Everything from the first line of the records to the line containing "load_active_overrides now rows", inclusive, is to be extracted exactly, and nothing more.

──────── Task inputs ────────

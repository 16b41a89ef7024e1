-- ===== src/Quota/Config.antt =====
-- `QuotaTracker::refresh_config` of src/producer_quota/tracker.rs, with the rows of model.rs and
-- the queries `list` and `load_active_overrides` of repo.rs.
use messgr.Base.{
  ℕ, max, String, ◌&&◌, Option, none, some, List, [], ◌∷◌, ltb, leb, keep, lookup, put,
}
use messgr.Quota.Tracker.{Key, EffectiveQuota, QuotaTracker, key_eq}

pub record ProducerQuota : Type 0 where
  pub producer_id : ℕ
  pub channel : String
  pub class : String
  pub per_minute : Option ℕ
  pub per_day : Option ℕ
  pub enforcement : String

pub record ProducerQuotaOverride : Type 0 where
  pub producer_id : ℕ
  pub channel : String
  pub class : String
  pub per_day : ℕ
  pub valid_from : ℕ
  pub valid_to : ℕ

unfoldable pub load_active_overrides : ℕ → List ProducerQuotaOverride → List ProducerQuotaOverride
load_active_overrides now rows = keep (λ o. leb o.valid_from now && ltb now o.valid_to) rows

abbrev pub key_of : ProducerQuota → Key
key_of q = record { producer_id = q.producer_id; channel = q.channel; class = q.class }

abbrev pub override_key : ProducerQuotaOverride → Key
override_key o = record { producer_id = o.producer_id; channel = o.channel; class = o.class }

abbrev effective_of : ProducerQuota → EffectiveQuota
effective_of q = record {
  per_minute = q.per_minute;
  per_day = q.per_day;
  enforcement = q.enforcement;
}

unfoldable pub collect_quotas :
    List (Key × EffectiveQuota) → List ProducerQuota → List (Key × EffectiveQuota)
collect_quotas merged [] = merged
collect_quotas merged (q ∷ rest) = collect_quotas (put (key_of q) (effective_of q) merged) rest

-- `q.per_day.map_or(o.per_day, |base| base.max(o.per_day))`
abbrev pub uplift : Option ℕ → ℕ → Option ℕ
uplift none per_day = some per_day
uplift (some base) per_day = some (max base per_day)

unfoldable pub apply_override :
    List (Key × EffectiveQuota) → ProducerQuotaOverride → List (Key × EffectiveQuota)
apply_override merged o = elim (lookup (override_key o) merged) [
  | none ↦ merged
  | some q ↦ put (override_key o) (record q { per_day = uplift q.per_day o.per_day }) merged
]

unfoldable pub apply_overrides :
    List (Key × EffectiveQuota) → List ProducerQuotaOverride → List (Key × EffectiveQuota)
unfolding apply_override
apply_overrides merged [] = merged
apply_overrides merged (o ∷ rest) = apply_overrides (apply_override merged o) rest

-- `none` stands for a query that failed: the cache then stays as it was.
unfoldable pub refresh_config :
    QuotaTracker
    → Option (List ProducerQuota)
    → Option (List ProducerQuotaOverride)
    → ℕ
    → QuotaTracker
unfolding collect_quotas apply_overrides load_active_overrides
refresh_config q none overrides now = q
refresh_config q (some quotas) none now = q
refresh_config q (some quotas) (some overrides) now = record q {
  config = apply_overrides (collect_quotas [] quotas) (load_active_overrides now overrides);
}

────────

Output ->
repository 16b41a89ef7024e1
-- ===== src/Quota/Config.antt =====
-- `QuotaTracker::refresh_config` of src/producer_quota/tracker.rs, with the rows of model.rs and
-- the queries `list` and `load_active_overrides` of repo.rs.
use messgr.Base.{
  ℕ, max, String, ◌&&◌, Option, none, some, List, [], ◌∷◌, ltb, leb, keep, lookup, put,
}
use messgr.Quota.Tracker.{Key, EffectiveQuota, QuotaTracker, key_eq}

pub record ProducerQuota : Type 0 where
  pub producer_id : ℕ
  pub channel : String
  pub class : String
  pub per_minute : Option ℕ
  pub per_day : Option ℕ
  pub enforcement : String

pub record ProducerQuotaOverride : Type 0 where
  pub producer_id : ℕ
  pub channel : String
  pub class : String
  pub per_day : ℕ
  pub valid_from : ℕ
  pub valid_to : ℕ

unfoldable pub load_active_overrides : ℕ → List ProducerQuotaOverride → List ProducerQuotaOverride
load_active_overrides now rows = keep (λ o. leb o.valid_from now && ltb now o.valid_to) rows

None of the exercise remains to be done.